The ballast on self-erecting tower cranes remain close to ground level, thus reducing the consequence of any impact on an adjacent building in the unlikely event of a crane collapse. In addition, stringent lifting requirements have been imposed (including wirelessly connected anti-collision and zoning systems) to minimise the consequence on adjacent facilities from dropped loads or clashing. The majority of lifts are limited to 2 tonnes however in some instances managed lifts of upto 4.8 tonnes are permitted.

As the decision to build large modules off-site brought new risks to manage in terms of module transport, the decision to use self-erecting tower cranes with restricted lifting capacity led to a review of how to manage the casting of the concrete structure.

These limits on lifting using the self-erecting tower cranes meant that a different approach to shuttering for the structure had to be found. Again learning from others was investigated and an approach used in high-rise applications, a self-climbing formwork system, is being used.

A simple worked example

Due to the proximity of construction activities to other existing facilities the next stage was to consider how the construction could impinge on these targets and what the ‘worst case’ consequence was on that facility and how damage could occur. This led to a developing series of construction assessments which identified the significance of individual fault scenarios and identified the protective measures available to prevent/minimize the impact of each fault. Collapse radius drawings were developed for different cranes in different set-up positions which when used in conjunction with data on crane lifting capacities allowed for the identification of optimum (least risk) construction methods.

To stop the event in the first place the ‘normal’ controls of training, competence assessment, supervision, maintenance etc. were developed further by the use of audits and inspections to ensure what is ‘claimed’ is, in fact working. Physical controls, such as slew protection and testing of the ground conditions for the location each of the cranes (together with robustness of the crane bases and outriggers) are additional ‘strong’ controls.

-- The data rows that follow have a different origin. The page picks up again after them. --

-- ===== src/SplayTree/Sorted.antt =====
-- What the operations of Lab5/stree.c do to a map that is a list of entries with ascending keys.
use model_lib.Prelude.{
  Bool-cases, ltb→lt, false, ◌⊎◌, inl, inr, ◌≤◌, ap, ℕ, ◌<◌, ◌≡◌, refl, List, [], ◌∷◌, ◌++◌, ltb,
  ◌==◌, if◌then◌else◌, Option, none, some, arith,
}
use model_lib.SplayTree.Order.{Below, Above, Ascending, Below-trans, Above-trans}

not_less : (k m : ℕ) → ltb k m ≡ false → m ≤ k
not_less k m h = ground arith

module _ {ℓ} {R : Type ℓ} where
  abbrev pub lookup : ℕ → List (ℕ × R) → Option R
  lookup k [] = none
  lookup k (e ∷ es) = if k == e.0 then some e.1 else lookup k es

  -- The entry goes before the first greater key.
  abbrev pub insert : ℕ → R → List (ℕ × R) → List (ℕ × R)
  insert k r [] = (k, r) ∷ []
  insert k r (e ∷ es) = if ltb k e.0 then (k, r) ∷ e ∷ es else e ∷ insert k r es

  abbrev pub erase : ℕ → List (ℕ × R) → List (ℕ × R)
  erase k [] = []
  erase k (e ∷ es) = if k == e.0 then es else e ∷ erase k es

  -- The record of the greatest key that is at most `k`, `best` where there is none.
  abbrev pub floor : ℕ → Option R → List (ℕ × R) → Option R
  floor k best [] = best
  floor k best (e ∷ es) = if ltb k e.0 then best else floor k (some e.1) es

  pub lookup-found :
      (k : ℕ) (r : R) (xs ys : List (ℕ × R)) → Below k xs → lookup k (xs ++ (k, r) ∷ ys) ≡ some r
  lookup-found k r [] ys b = ground arith
  lookup-found k r (x ∷ xs) ys b = ground (arith, lookup-found k r xs ys b.1, b.0)

  pub lookup-Above : (k : ℕ) (ys : List (ℕ × R)) → Above k ys → lookup k ys ≡ none
  lookup-Above k [] a = refl
  lookup-Above k (y ∷ ys) a = ground (arith, lookup-Above k ys a.1, a.0)

  pub lookup-missing :
      (k : ℕ) (xs ys : List (ℕ × R)) → Below k xs → Above k ys → lookup k (xs ++ ys) ≡ none
  lookup-missing k [] ys b a = lookup-Above k ys a
  lookup-missing k (x ∷ xs) ys b a = ground (arith, lookup-missing k xs ys b.1 a, b.0)

  pub insert-between :
      (k : ℕ) (r : R) (xs ys : List (ℕ × R))
      → Below k xs
      → Above k ys
      → insert k r (xs ++ ys) ≡ xs ++ (k, r) ∷ ys
  insert-between k r [] [] b a = refl
  insert-between k r [] (y ∷ ys) b a = ground (arith, a.0)
  insert-between k r (x ∷ xs) ys b a = ground (arith, insert-between k r xs ys b.1 a, b.0)

  pub erase-found :
      (k : ℕ) (r : R) (xs ys : List (ℕ × R)) → Below k xs → erase k (xs ++ (k, r) ∷ ys) ≡ xs ++ ys
  erase-found k r [] ys b = ground arith
  erase-found k r (x ∷ xs) ys b = ground (arith, erase-found k r xs ys b.1, b.0)

  pub erase-Above : (k : ℕ) (ys : List (ℕ × R)) → Above k ys → erase k ys ≡ ys
  erase-Above k [] a = refl
  erase-Above k (y ∷ ys) a = ground (arith, erase-Above k ys a.1, a.0)

  pub erase-missing :
      (k : ℕ) (xs ys : List (ℕ × R)) → Below k xs → Above k ys → erase k (xs ++ ys) ≡ xs ++ ys
  erase-missing k [] ys b a = erase-Above k ys a
  erase-missing k (x ∷ xs) ys b a = ground (arith, erase-missing k xs ys b.1 a, b.0)

  pub floor-Above :
      (k : ℕ) (best : Option R) (ys : List (ℕ × R)) → Above k ys → floor k best ys ≡ best
  floor-Above k best [] a = refl
  floor-Above k best (y ∷ ys) a = ground (arith, a.0)

  pub floor-append :
      (k : ℕ) (best : Option R) (xs ys : List (ℕ × R))
      → Below k xs
      → floor k best (xs ++ ys) ≡ floor k (floor k best xs) ys
  floor-append k best [] ys b = refl
  floor-append k best (x ∷ xs) ys b = ground (arith, floor-append k (some x.1) xs ys b.1, b.0)

  pub floor-found :
      (k : ℕ) (best : Option R) (r : R) (xs ys : List (ℕ × R))
      → Below k xs
      → Above k ys
      → floor k best (xs ++ (k, r) ∷ ys) ≡ some r
  floor-found k best r [] ys b a = ground (arith, floor-Above k (some r) ys a)
  floor-found k best r (x ∷ xs) ys b a = ground (arith, floor-found k (some x.1) r xs ys b.1 a, b.0)

  pub floor-cut :
      (k : ℕ) (best : Option R) (xs ys : List (ℕ × R))
      → Above k ys
      → floor k best (xs ++ ys) ≡ floor k best xs
  floor-cut k best [] ys a = floor-Above k best ys a
  floor-cut k best (x ∷ xs) ys a = ground (arith, floor-cut k (some x.1) xs ys a)

  pub floor-later :
      (k m : ℕ) (best : Option R) (xs : List (ℕ × R)) (r : R) (ys : List (ℕ × R))
      → k < m
      → Below k xs
      → floor m best (xs ++ (k, r) ∷ ys) ≡ floor m (some r) ys
  floor-later k m best xs r ys h b =
      rw (floor-append m best xs ((k, r) ∷ ys) (Below-trans k m xs h b)) (ground arith)

  -- All keys are greater, or the last entry that is not splits the list.
  pub floor-cases :
      (k : ℕ) (best : Option R) (es : List (ℕ × R))
      → Ascending es
      → (Above k es × (floor k best es ≡ best))
        ⊎ ((xs : List (ℕ × R)) × (e : ℕ × R) × (ys : List (ℕ × R)) × (es ≡ xs ++ e ∷ ys)
            × (floor k best es ≡ some e.1)
            × (e.0 ≤ k)
            × Above k ys)
  floor-cases k best [] a = inl (tt, refl)
  floor-cases k best (e ∷ es) a = elim (Bool-cases (ltb k e.0)) [
    | inl h ↦ inl ((ltb→lt k e.0 h, Above-trans e.0 k es (ltb→lt k e.0 h) a.0), rw h refl)
    | inr h ↦ elim (floor-cases k (some e.1) es a.1) [
      | inl c ↦ inr ([], e, es, refl, rw h c.1, not_less k e.0 h, c.0)
      | inr c ↦ inr (e ∷ c.0, c.1, c.2, ap (λ l. e ∷ l) c.3, rw h c.4, c.5, c.6)
    ]
  ]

Lifting plans and schedules, checked against crane capability (which is de-rated to ensure extra margins of control) provide additional controls.

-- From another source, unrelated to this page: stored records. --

-- ===== src/SplayTree.antt =====
-- Lab5/stree.c: the splay tree of the memory driver. A key `k` stands for the `long` `k - 2 ^ 63`; keys
-- are only compared. A node is a value: its parent pointer is the path that leads to it from the root.
pub mod Entries
pub mod Order
pub mod Release
pub mod Sorted
pub mod Search
pub mod Insert
pub mod Lookup
pub mod Remove
use model_lib.Prelude.{
  ℕ, zero, suc, ◌+◌, ◌-◌, Bool, true, false, Option, none, some, List, [], ◌∷◌, ◌++◌, ltb, ◌==◌,
  if◌then◌else◌,
}

module _ {ℓ} (R : Type ℓ) where
  -- `left`, `key`, `record` and `right`.
  pub data Node : Type ℓ where
    leaf : Node
    node : Node → ℕ → R → Node → Node

  -- A step from a parent to its left or right child, with the rest of the parent.
  pub data Step : Type ℓ where
    went_left : ℕ → R → Node → Step
    went_right : Node → ℕ → R → Step

  -- `tree_t`
  pub record Tree : Type ℓ where
    pub root : Node
    pub node_count : ℕ
    pub comparison_count : ℕ

  -- Where a search ends, with the number of comparisons so far.
  pub data Descent : Type ℓ where
    found : Node → R → Node → List Step → ℕ → Descent
    missing : List Step → ℕ → Descent

-- A part of what `tree_show` prints.
pub data Token : Type 0 where
  opening closing : Token
  shown : ℕ → Token

module _ {ℓ} {R : Type ℓ} where
  unfoldable pub tree_new : Tree R
  tree_new = record { root = leaf; node_count = 0; comparison_count = 0 }

  -- The parent with the node as its child.
  abbrev pub up : Step R → Node R → Node R
  up (went_left k r right) t = node t k r right
  up (went_right left k r) t = node left k r t

  -- Without a right child the link to `x` becomes NULL.
  unfoldable pub left_rotate : Node R → Node R
  left_rotate leaf = leaf
  left_rotate (node a k r leaf) = leaf
  left_rotate (node a k r (node b k' r' c)) = node (node a k r b) k' r' c

  unfoldable pub right_rotate : Node R → Node R
  right_rotate leaf = leaf
  right_rotate (node leaf k r c) = leaf
  right_rotate (node (node a k' r' b) k r c) = node a k' r' (node b k r c)

  -- The last round of the loop of `splay`, with no grandparent.
  unfoldable pub splay_root : Step R → Node R → Node R
  splay_root (went_left k r right) x = right_rotate (up (went_left k r right) x)
  splay_root (went_right left k r) x = left_rotate (up (went_right left k r) x)

  -- A round with the parent `p` and the grandparent `g`.
  unfoldable pub splay_round : Step R → Step R → Node R → Node R
  splay_round (went_left k r a) (went_left k' r' b) x =
      right_rotate (right_rotate (up (went_left k' r' b) (up (went_left k r a) x)))
  splay_round (went_right a k r) (went_right b k' r') x =
      left_rotate (left_rotate (up (went_right b k' r') (up (went_right a k r) x)))
  splay_round (went_left k r a) (went_right b k' r') x =
      left_rotate (up (went_right b k' r') (right_rotate (up (went_left k r a) x)))
  splay_round (went_right a k r) (went_left k' r' b) x =
      right_rotate (up (went_left k' r' b) (left_rotate (up (went_right a k r) x)))

  -- `while (x->parent)`
  unfoldable pub splay : Node R → List (Step R) → Node R
  splay x [] = x
  splay x (p ∷ []) = splay_root p x
  splay x (p ∷ g ∷ path) = splay (splay_round p g x) path

  -- The loop of `tree_insert` and `tree_find`: two comparisons where the keys differ.
  unfoldable pub search : ℕ → Node R → List (Step R) → ℕ → Descent R
  search key leaf path n = missing path n
  search key (node l k r right) path n =
      let later = search key right (went_right l k r ∷ path) (n + 2) in
      let earlier = search key l (went_left k r right ∷ path) (n + 2) in
      if key == k then found l r right path (n + 1) else if ltb k key then later else earlier

  -- The loop of `tree_remove`: one comparison where the keys differ.
  unfoldable pub seek : ℕ → Node R → List (Step R) → ℕ → Descent R
  seek key leaf path n = missing path n
  seek key (node l k r right) path n =
      let later = seek key right (went_right l k r ∷ path) (n + 1) in
      let earlier = seek key l (went_left k r right ∷ path) (n + 1) in
      if key == k then found l r right path n else if ltb k key then later else earlier

  -- The result is `none` where `malloc` finds no memory and the driver exits.
  unfoldable pub insert_at : Bool → Tree R → ℕ → R → Descent R → Option (Tree R × Bool)
  insert_at memory t key record' (found l r right path n) =
      some (record t { comparison_count = n }, false)
  insert_at memory t key record' (missing path n) =
      if memory
      then some (
        record {
          root = splay (node leaf key record' leaf) path;
          node_count = t.node_count + 1;
          comparison_count = n;
        },
        true,
      )
      else none

  unfoldable pub tree_insert : Bool → Tree R → ℕ → R → Option (Tree R × Bool)
  tree_insert memory t key record' =
      insert_at memory t key record' (search key t.root [] t.comparison_count)

  unfoldable pub found_record : Tree R → Descent R → Tree R × Option R
  found_record t (found l r right path n) = (record t { comparison_count = n }, some r)
  found_record t (missing path n) = (record t { comparison_count = n }, none)

  unfoldable pub tree_find : Tree R → ℕ → Tree R × Option R
  tree_find t key = found_record t (search key t.root [] t.comparison_count)

  -- `if (!n || n->key < z->key) n = z;`
  abbrev pub nearer : Option (ℕ × R) → ℕ → R → Option (ℕ × R)
  nearer none k r = some (k, r)
  nearer (some (k', r')) k r = if ltb k' k then some (k, r) else some (k', r')

  abbrev pub record_of : Option (ℕ × R) → Option R
  record_of none = none
  record_of (some (k, r)) = some r

  -- The loop of `tree_find_nearest`: the record, and the number of comparisons.
  unfoldable pub nearest : ℕ → Node R → Option (ℕ × R) → ℕ → Option R × ℕ
  nearest key leaf best n = (record_of best, n)
  nearest key (node l k r right) best n =
      let later = nearest key right (nearer best k r) (n + 2) in
      let earlier = nearest key l best (n + 2) in
      if key == k then (some r, n + 1) else if ltb k key then later else earlier

  unfoldable pub tree_find_nearest : Tree R → ℕ → Tree R × Option R
  tree_find_nearest t key =
      let (r, n) = nearest key t.root none t.comparison_count in
      (record t { comparison_count = n }, r)

  -- The node of `subtree_minimum` in a node with these fields, and the node that is left when its right
  -- child takes its place.
  unfoldable pub take_minimum : Node R → ℕ → R → Node R → ℕ × R × Node R
  take_minimum leaf k r right = (k, r, right)
  take_minimum (node a k' r' b) k r right =
      let (key, record', rest) = take_minimum a k' r' b in (key, record', node rest k r right)

  -- The node `z` at the root gives way to a child, or to the least node on its right.
  unfoldable pub remove_root : Node R → Node R
  remove_root leaf = leaf
  remove_root (node leaf k r right) = right
  remove_root (node (node a k' r' b) k r leaf) = node a k' r' b
  remove_root (node (node a k' r' b) k r (node c k'' r'' d)) =
      let (key, record', rest) = take_minimum c k'' r'' d in node (node a k' r' b) key record' rest

  unfoldable pub remove_at : Tree R → ℕ → Descent R → Tree R × Option R
  remove_at t key (found l r right path n) = (
    record {
      root = remove_root (splay (node l key r right) path);
      node_count = t.node_count - 1;
      comparison_count = n;
    },
    some r,
  )
  remove_at t key (missing path n) = (record t { comparison_count = n }, none)

  unfoldable pub tree_remove : Tree R → ℕ → Tree R × Option R
  tree_remove t key = remove_at t key (seek key t.root [] t.comparison_count)

  -- The records that `tree_free` hands to `free_fun`, in order.
  unfoldable pub free_subtree : Node R → List R
  free_subtree leaf = []
  free_subtree (node l k r right) = free_subtree l ++ free_subtree right ++ r ∷ []

  unfoldable pub show_subtree : Bool → Node R → List Token
  show_subtree tree_mode leaf = []
  show_subtree tree_mode (node l k r right) =
      let inner = show_subtree tree_mode l ++ shown k ∷ show_subtree tree_mode right in
      if tree_mode then opening ∷ inner ++ closing ∷ [] else inner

By continually working on the premise that all controls can fail then the potential consequence of any failure can be minimised. By designing out Tower Cranes (where the counterweight is located at the top of the crane) and using Self-Erecting Tower Cranes (where counterweights are at ground level) means that the consequence of any crane collapse is limited to the weight of the jib and crane tower itself and not the counterweight.

Summary

Although over-simplified (this actual process took a large number of months and involved safety specialists as well as construction and operational experts) this provides a flavor of the overall processes used on the project. Hazard management is not a simple once only pass at ‘identify, assess and (if you can’t eliminate) control’. The controls developed to manage the high hazards will most often cause other issues to be raised and a second, third or even fourth iteration will be needed.